Bites by Loxosceles spiders are described as initially painless, which often prohibits possible identification of the spider. The most common manifestation of a bite is a mild erythematous lesion that may become firm and heal with little or no scar within several days or weeks. Occasionally, a more severe local reaction occurs, beginning with mild to severe pain several hours after the bite, accompanied by localized erythema, pruritus, and swelling. A hemorrhagic blister then forms, surrounded by vasoconstriction-induced blanched skin (Figure 211-3). By day 3 or 4, the hemorrhagic area may become ecchymotic, which leads to the “red, white, and blue” (erythema, blanching, and ecchymosis) sign. The ecchymotic area may become necrotic, with eschar formation by the end of the first week. The necrotic, slowly healing ulcers may not reach maximum size for many weeks after envenomation and can occasionally result in a significant cosmetic defect requiring skin grafting.
FIGURE 211-3.
Early brown recluse spider bite (approximately 8 hours old) with a violaceous center surrounded by a faint spreading erythema. [Photograph by Lawrence B. Stack, MD. Reproduced with permission from Knoop KJ, Stack LB, Storrow AB, Thurman RJ: The Atlas of Emergency Medicine, 3rd ed, © 2009 by McGraw-Hill, Inc., New York.]

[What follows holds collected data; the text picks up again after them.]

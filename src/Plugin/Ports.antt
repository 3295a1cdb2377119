-- ===== src/Plugin/Ports.antt =====
-- models_plugin/sync.go: the port and the path of a backend, and the plugin's own port; with what
-- they use of `strings` and `strconv`.
use nova_airouter.Prelude.{
  ℕ, ◌+◌, ◌-◌, ◌*◌, ◌==◌, leb, ℤ, pos, ◌-ℤ◌, Bool, ◌&&◌, if◌then◌else◌, Option, none, some, [], ◌∷◌,
  Text, codes,
}

-- The text before the first `c`, and the one after it.
unfoldable pub cut : ℕ → Text → Text × Option Text
cut c [] = ([], none)
cut c (b ∷ t) =
    let (before, after) = cut c t in if b == c then ([], some t) else (b ∷ before, after)

slash_before : Option Text → Text
slash_before none = codes "/"
slash_before (some t) = 47 ∷ t

-- The text of the port of a service path "PORT/path", and the path of the backend.
unfoldable pub split_service_path : Text → Text × Text
unfolding slash_before
split_service_path t = let (port, path) = cut 47 t in (port, slash_before path)

abbrev pub is_digit : ℕ → Bool
is_digit b = leb 48 b && leb b 57

-- The value of digits after those of `n`.
unfoldable pub digits : ℕ → Text → Option ℕ
digits n [] = some n
digits n (b ∷ t) = let rest = digits (n * 10 + (b - 48)) t in if is_digit b then rest else none

unsigned : Text → Option ℕ
unsigned [] = none
unsigned (b ∷ t) = digits 0 (b ∷ t)

positive_in : Option ℕ → Option ℤ
positive_in none = none
positive_in (some n) = if leb n 9223372036854775807 then some (pos n) else none

negative_in : Option ℕ → Option ℤ
negative_in none = none
negative_in (some n) = if leb n 9223372036854775808 then some (pos 0 -ℤ pos n) else none

-- `strconv.Atoi`, none for an error.
unfoldable pub atoi : Text → Option ℤ
unfolding unsigned positive_in negative_in
atoi [] = none
atoi (b ∷ t) =
    if b == 45
    then negative_in (unsigned t)
    else if b == 43
    then positive_in (unsigned t)
    else positive_in (unsigned (b ∷ t))

or_after : Bool → Text → Option Text → Option Text
or_after here t (some later) = some later
or_after here t none = if here then some t else none

int_or_zero : Option ℤ → ℤ
int_or_zero none = pos 0
int_or_zero (some n) = n

-- The text after the last `c`.
unfoldable pub after_last : ℕ → Text → Option Text
unfolding or_after
after_last c [] = none
after_last c (b ∷ t) = or_after (b == c) t (after_last c t)

own_port_in : Option Text → ℤ
unfolding int_or_zero
own_port_in none = pos 0
own_port_in (some t) = int_or_zero (atoi t)

-- `pluginPort`: 0 without one.
unfoldable pub plugin_port : Text → ℤ
unfolding own_port_in
plugin_port addr = own_port_in (after_last 58 addr)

Although significant systemic effects are not uncommon after bites of L. laeta, the predominant South American species, they rarely occur after bites of the brown recluse, the predominant U.S. species. Systemic effects, the hallmark of which is hemolysis, are seen more often in children and typically occur 24 to 72 hours after the bite. Other effects include nausea, vomiting, fever, chills, arthralgias, thrombocytopenia, rhabdomyolysis, hemoglobinuria, and renal failure. Disseminated intravascular coagulation and death are extremely rare.